■ Exercise brief
Nothing is needed except the lines below that run from the one with "filename src/Apiserver/Sdk/Tests.antt" through the one with "draws : DrawsBelow network", repeated exactly.

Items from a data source

----

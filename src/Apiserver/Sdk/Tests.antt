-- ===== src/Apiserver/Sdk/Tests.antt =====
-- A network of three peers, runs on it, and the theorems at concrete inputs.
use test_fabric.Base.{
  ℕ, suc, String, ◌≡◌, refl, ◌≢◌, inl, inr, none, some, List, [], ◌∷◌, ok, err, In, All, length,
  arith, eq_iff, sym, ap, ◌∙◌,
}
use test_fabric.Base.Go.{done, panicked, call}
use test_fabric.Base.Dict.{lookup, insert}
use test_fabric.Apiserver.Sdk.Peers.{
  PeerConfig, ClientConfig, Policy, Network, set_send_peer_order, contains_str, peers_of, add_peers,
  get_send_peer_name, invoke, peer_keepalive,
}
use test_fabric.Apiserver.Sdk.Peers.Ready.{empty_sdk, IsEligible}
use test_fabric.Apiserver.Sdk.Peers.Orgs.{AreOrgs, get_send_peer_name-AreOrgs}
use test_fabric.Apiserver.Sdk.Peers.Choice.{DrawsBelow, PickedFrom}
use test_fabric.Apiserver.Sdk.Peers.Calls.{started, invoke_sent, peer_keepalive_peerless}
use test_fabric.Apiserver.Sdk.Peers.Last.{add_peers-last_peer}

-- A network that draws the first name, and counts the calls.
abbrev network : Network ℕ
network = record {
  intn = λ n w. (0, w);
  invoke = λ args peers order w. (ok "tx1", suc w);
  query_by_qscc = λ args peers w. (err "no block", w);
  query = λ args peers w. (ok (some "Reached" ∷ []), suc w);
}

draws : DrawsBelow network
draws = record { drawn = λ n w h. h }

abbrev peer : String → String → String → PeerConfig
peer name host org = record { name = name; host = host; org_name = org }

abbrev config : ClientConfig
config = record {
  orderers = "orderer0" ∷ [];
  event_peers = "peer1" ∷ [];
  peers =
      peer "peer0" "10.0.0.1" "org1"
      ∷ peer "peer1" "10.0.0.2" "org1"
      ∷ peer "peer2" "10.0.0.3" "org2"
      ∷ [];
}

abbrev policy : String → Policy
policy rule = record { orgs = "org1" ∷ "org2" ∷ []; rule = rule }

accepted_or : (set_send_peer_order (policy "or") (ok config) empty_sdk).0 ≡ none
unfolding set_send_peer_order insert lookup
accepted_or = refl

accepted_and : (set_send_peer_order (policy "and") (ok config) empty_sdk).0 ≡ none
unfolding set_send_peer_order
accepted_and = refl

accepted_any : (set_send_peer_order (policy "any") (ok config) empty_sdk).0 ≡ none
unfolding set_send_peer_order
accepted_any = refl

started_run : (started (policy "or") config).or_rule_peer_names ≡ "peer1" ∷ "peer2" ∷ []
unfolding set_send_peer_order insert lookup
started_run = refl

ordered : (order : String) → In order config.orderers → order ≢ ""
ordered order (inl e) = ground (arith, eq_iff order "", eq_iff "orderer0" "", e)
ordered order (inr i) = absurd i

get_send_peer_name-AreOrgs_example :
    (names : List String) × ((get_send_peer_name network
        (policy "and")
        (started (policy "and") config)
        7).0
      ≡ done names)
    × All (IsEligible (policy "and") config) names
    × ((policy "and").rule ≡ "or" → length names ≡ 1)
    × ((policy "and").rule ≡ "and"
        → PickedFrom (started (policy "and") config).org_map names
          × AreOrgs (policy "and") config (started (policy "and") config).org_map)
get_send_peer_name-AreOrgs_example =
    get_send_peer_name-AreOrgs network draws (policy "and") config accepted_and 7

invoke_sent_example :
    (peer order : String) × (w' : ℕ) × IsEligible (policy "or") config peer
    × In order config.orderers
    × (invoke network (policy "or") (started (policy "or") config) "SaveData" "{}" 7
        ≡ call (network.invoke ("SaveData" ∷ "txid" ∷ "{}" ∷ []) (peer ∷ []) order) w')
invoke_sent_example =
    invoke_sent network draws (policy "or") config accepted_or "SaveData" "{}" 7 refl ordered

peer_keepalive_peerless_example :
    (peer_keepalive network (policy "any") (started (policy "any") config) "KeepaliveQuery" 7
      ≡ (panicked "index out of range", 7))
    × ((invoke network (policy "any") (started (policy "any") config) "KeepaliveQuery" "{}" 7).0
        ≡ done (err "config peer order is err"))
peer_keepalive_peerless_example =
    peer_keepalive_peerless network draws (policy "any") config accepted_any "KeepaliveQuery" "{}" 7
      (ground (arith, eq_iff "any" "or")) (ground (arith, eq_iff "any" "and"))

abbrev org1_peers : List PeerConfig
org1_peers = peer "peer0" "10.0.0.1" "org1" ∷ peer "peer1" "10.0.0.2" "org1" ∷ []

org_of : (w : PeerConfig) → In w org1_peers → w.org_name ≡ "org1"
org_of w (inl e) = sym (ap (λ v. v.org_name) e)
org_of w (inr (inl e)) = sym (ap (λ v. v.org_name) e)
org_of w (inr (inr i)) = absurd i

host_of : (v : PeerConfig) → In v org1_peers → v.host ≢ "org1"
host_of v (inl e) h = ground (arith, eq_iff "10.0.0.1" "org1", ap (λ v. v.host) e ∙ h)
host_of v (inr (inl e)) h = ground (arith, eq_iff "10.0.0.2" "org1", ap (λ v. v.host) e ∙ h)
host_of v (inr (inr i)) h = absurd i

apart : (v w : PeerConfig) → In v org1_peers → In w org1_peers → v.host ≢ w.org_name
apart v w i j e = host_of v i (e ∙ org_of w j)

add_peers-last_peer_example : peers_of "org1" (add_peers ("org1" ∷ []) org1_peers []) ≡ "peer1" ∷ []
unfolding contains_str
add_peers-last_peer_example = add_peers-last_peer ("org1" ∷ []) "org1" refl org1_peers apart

----

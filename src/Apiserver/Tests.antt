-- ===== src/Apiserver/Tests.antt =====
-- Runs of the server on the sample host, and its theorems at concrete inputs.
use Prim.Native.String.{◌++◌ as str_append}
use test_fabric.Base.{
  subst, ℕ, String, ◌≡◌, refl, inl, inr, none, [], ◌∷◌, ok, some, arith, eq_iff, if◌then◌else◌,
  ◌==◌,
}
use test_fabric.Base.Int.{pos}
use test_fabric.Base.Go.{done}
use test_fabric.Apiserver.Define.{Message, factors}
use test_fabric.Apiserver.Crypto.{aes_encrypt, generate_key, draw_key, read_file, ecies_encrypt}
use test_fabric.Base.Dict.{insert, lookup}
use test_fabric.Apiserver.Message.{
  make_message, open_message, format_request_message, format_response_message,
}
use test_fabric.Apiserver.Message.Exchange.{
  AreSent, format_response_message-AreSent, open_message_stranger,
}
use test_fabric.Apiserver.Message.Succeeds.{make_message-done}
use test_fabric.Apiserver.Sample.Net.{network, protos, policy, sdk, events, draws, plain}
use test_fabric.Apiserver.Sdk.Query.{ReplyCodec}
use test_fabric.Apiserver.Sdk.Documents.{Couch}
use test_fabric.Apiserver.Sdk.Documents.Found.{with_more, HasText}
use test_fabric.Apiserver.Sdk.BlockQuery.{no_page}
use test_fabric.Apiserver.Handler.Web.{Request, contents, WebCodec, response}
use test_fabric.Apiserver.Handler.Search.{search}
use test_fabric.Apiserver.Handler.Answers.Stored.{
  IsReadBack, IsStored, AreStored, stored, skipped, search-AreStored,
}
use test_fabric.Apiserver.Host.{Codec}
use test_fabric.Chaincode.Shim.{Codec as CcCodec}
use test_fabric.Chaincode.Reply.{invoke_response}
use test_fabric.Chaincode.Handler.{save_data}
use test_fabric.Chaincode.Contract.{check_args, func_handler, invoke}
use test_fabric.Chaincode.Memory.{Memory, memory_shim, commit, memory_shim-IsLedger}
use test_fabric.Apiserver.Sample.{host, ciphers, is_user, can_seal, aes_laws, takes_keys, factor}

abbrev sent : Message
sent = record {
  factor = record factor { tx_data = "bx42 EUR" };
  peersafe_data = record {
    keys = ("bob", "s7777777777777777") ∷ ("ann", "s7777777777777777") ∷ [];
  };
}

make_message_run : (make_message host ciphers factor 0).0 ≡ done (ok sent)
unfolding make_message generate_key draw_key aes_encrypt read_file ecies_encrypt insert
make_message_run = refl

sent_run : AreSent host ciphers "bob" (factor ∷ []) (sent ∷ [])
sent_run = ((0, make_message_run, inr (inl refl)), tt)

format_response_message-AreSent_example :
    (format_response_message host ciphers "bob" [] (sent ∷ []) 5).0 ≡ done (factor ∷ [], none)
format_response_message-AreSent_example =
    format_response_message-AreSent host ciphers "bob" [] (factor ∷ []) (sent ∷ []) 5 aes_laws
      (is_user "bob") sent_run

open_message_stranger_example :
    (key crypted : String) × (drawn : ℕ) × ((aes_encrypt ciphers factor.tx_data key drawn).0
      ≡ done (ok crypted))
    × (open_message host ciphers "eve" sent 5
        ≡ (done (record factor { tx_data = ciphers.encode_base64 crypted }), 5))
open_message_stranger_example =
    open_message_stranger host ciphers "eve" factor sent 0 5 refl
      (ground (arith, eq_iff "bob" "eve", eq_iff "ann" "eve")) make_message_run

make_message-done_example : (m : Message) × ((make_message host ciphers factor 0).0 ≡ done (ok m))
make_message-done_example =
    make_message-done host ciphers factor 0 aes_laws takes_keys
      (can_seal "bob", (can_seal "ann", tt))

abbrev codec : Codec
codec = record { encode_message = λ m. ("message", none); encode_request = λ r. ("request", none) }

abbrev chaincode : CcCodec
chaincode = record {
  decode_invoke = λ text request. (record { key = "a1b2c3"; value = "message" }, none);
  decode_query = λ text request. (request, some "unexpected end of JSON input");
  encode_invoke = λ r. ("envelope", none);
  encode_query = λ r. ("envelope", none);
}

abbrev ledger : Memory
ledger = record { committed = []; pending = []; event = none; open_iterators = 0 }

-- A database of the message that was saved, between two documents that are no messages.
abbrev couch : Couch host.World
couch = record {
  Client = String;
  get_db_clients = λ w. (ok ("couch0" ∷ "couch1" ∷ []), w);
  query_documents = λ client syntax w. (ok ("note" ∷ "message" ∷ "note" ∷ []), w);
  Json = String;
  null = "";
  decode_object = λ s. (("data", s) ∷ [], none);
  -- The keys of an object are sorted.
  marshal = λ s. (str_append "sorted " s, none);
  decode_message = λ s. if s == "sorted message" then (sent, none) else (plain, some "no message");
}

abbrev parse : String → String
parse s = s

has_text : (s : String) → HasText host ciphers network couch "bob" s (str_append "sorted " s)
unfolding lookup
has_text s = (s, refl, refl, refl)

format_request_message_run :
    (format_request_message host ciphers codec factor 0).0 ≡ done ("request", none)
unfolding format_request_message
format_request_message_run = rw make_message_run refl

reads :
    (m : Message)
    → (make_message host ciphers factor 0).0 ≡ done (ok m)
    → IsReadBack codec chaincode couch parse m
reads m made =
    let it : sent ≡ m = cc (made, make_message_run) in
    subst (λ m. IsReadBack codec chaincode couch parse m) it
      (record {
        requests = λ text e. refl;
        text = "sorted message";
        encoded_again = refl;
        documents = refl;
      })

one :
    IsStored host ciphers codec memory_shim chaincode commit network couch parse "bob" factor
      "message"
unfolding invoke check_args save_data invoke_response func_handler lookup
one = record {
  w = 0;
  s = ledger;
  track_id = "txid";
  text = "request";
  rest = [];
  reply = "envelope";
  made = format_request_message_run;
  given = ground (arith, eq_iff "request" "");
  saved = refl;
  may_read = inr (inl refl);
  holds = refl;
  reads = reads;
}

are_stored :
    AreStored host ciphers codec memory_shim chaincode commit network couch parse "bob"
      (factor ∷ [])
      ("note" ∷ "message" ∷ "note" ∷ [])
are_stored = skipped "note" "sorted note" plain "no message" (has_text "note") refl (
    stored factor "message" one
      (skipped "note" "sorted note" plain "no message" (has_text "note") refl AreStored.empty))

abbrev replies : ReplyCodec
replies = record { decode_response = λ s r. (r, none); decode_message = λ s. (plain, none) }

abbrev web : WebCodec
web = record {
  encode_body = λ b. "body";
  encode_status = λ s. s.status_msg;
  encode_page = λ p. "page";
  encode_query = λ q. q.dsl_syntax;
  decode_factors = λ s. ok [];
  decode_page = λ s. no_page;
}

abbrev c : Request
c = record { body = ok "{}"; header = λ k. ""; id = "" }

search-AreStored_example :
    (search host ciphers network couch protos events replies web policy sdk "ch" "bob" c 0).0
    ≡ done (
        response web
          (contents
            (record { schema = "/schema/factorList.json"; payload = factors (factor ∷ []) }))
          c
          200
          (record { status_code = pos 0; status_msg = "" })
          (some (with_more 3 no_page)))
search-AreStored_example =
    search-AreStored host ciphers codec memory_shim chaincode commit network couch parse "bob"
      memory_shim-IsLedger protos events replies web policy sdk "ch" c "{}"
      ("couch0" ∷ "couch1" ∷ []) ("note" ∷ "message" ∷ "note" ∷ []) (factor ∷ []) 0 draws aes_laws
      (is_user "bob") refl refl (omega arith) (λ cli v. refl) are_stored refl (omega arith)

----

■ Final answer
filename src/Apiserver/Sdk/Tests.antt
-- ===== src/Apiserver/Sdk/Tests.antt =====
-- A network of three peers, runs on it, and the theorems at concrete inputs.
use test_fabric.Base.{
  ℕ, suc, String, ◌≡◌, refl, ◌≢◌, inl, inr, none, some, List, [], ◌∷◌, ok, err, In, All, length,
  arith, eq_iff, sym, ap, ◌∙◌,
}
use test_fabric.Base.Go.{done, panicked, call}
use test_fabric.Base.Dict.{lookup, insert}
use test_fabric.Apiserver.Sdk.Peers.{
  PeerConfig, ClientConfig, Policy, Network, set_send_peer_order, contains_str, peers_of, add_peers,
  get_send_peer_name, invoke, peer_keepalive,
}
use test_fabric.Apiserver.Sdk.Peers.Ready.{empty_sdk, IsEligible}
use test_fabric.Apiserver.Sdk.Peers.Orgs.{AreOrgs, get_send_peer_name-AreOrgs}
use test_fabric.Apiserver.Sdk.Peers.Choice.{DrawsBelow, PickedFrom}
use test_fabric.Apiserver.Sdk.Peers.Calls.{started, invoke_sent, peer_keepalive_peerless}
use test_fabric.Apiserver.Sdk.Peers.Last.{add_peers-last_peer}

-- A network that draws the first name, and counts the calls.
abbrev network : Network ℕ
network = record {
  intn = λ n w. (0, w);
  invoke = λ args peers order w. (ok "tx1", suc w);
  query_by_qscc = λ args peers w. (err "no block", w);
  query = λ args peers w. (ok (some "Reached" ∷ []), suc w);
}

draws : DrawsBelow network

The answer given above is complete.